=== Provided records ===
┄┄┄┄┄┄
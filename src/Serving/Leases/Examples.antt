-- ===== src/Serving/Leases/Examples.antt =====
-- Two threads that read one store.
use weather.Common.{◌≡◌, refl, true, false, [], ◌∷◌}
use weather.Common.Text.{Text, codes}
use weather.Serving.Leases.{
  outside, creating, joining, reading, Gate, active, no_lease, acquire_or_join, on_lease, activate,
  joined, leave, forget, release, enters, succeeds, proceeds, exits, forgets, releases, Reach,
  begins, later,
}
use weather.Serving.Leases.Safety.{reads_under_gate, no_gate_left}

abbrev store : Text
store = codes "gfs"

abbrev start : Gate
start = record { leases = λ i. no_lease; next = 0; table = [] }

abbrev both_in : Gate
both_in = (acquire_or_join store 1 (acquire_or_join store 0 start).0).0

both_in-Reach : Reach 2 (creating 0 ∷ joining 0 ∷ []) both_in
both_in-Reach =
    later (creating 0 ∷ []) [] (later [] (outside ∷ []) begins (enters store 0 start))
      (enters store 1 (acquire_or_join store 0 start).0)

abbrev both_reading : Gate
both_reading = on_lease 0 joined (on_lease 0 activate both_in)

both_reading-Reach : Reach 2 (reading 0 ∷ reading 0 ∷ []) both_reading
both_reading-Reach =
    later (reading 0 ∷ []) [] (later [] (joining 0 ∷ []) both_in-Reach (succeeds 0 both_in))
      (proceeds 0 (on_lease 0 activate both_in))

abbrev both_out : Gate
both_out = on_lease 0 release (forget 0 (on_lease 0 leave (on_lease 0 leave both_reading)))

both_out-Reach : Reach 2 (outside ∷ outside ∷ []) both_out
both_out-Reach =
    later (outside ∷ []) []
      (later (outside ∷ []) []
        (later (outside ∷ []) []
          (later [] (reading 0 ∷ []) both_reading-Reach (exits 0 both_reading))
          (exits 0 (on_lease 0 leave both_reading)))
        (forgets 0 (on_lease 0 leave (on_lease 0 leave both_reading))))
      (releases 0 (forget 0 (on_lease 0 leave (on_lease 0 leave both_reading))))

reads_under_gate_example :
    ((both_reading.leases 0).state ≡ active) × ((both_reading.leases 0).gate_held ≡ true)
reads_under_gate_example = reads_under_gate 2 (reading 0 ∷ []) [] 0 both_reading both_reading-Reach

no_gate_left_example : ((both_out.leases 0).ref_count ≡ 0) × ((both_out.leases 0).gate_held ≡ false)
no_gate_left_example =
    no_gate_left 2 (outside ∷ outside ∷ []) both_out both_out-Reach (refl, (refl, tt)) 0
┄┄┄┄┄┄
=== What is needed ===
Send back every record, precisely as written.

=== Answer space ===
filename src/Serving/Leases/Examples.antt
-- ===== src/Serving/Leases/Examples.antt =====
-- Two threads that read one store.
use weather.Common.{◌≡◌, refl, true, false, [], ◌∷◌}
use weather.Common.Text.{Text, codes}
use weather.Serving.Leases.{
  outside, creating, joining, reading, Gate, active, no_lease, acquire_or_join, on_lease, activate,
  joined, leave, forget, release, enters, succeeds, proceeds, exits, forgets, releases, Reach,
  begins, later,
}
use weather.Serving.Leases.Safety.{reads_under_gate, no_gate_left}

abbrev store : Text
store = codes "gfs"

abbrev start : Gate
start = record { leases = λ i. no_lease; next = 0; table = [] }

abbrev both_in : Gate
both_in = (acquire_or_join store 1 (acquire_or_join store 0 start).0).0

both_in-Reach : Reach 2 (creating 0 ∷ joining 0 ∷ []) both_in
both_in-Reach =
    later (creating 0 ∷ []) [] (later [] (outside ∷ []) begins (enters store 0 start))
      (enters store 1 (acquire_or_join store 0 start).0)

abbrev both_reading : Gate
both_reading = on_lease 0 joined (on_lease 0 activate both_in)

both_reading-Reach : Reach 2 (reading 0 ∷ reading 0 ∷ []) both_reading
both_reading-Reach =
    later (reading 0 ∷ []) [] (later [] (joining 0 ∷ []) both_in-Reach (succeeds 0 both_in))
      (proceeds 0 (on_lease 0 activate both_in))

abbrev both_out : Gate
both_out = on_lease 0 release (forget 0 (on_lease 0 leave (on_lease 0 leave both_reading)))

both_out-Reach : Reach 2 (outside ∷ outside ∷ []) both_out
both_out-Reach =
    later (outside ∷ []) []
      (later (outside ∷ []) []
        (later (outside ∷ []) []
          (later [] (reading 0 ∷ []) both_reading-Reach (exits 0 both_reading))
          (exits 0 (on_lease 0 leave both_reading)))
        (forgets 0 (on_lease 0 leave (on_lease 0 leave both_reading))))
      (releases 0 (forget 0 (on_lease 0 leave (on_lease 0 leave both_reading))))

reads_under_gate_example :
    ((both_reading.leases 0).state ≡ active) × ((both_reading.leases 0).gate_held ≡ true)
reads_under_gate_example = reads_under_gate 2 (reading 0 ∷ []) [] 0 both_reading both_reading-Reach

no_gate_left_example : ((both_out.leases 0).ref_count ≡ 0) × ((both_out.leases 0).gate_held ≡ false)
no_gate_left_example =
    no_gate_left 2 (outside ∷ outside ∷ []) both_out both_out-Reach (refl, (refl, tt)) 0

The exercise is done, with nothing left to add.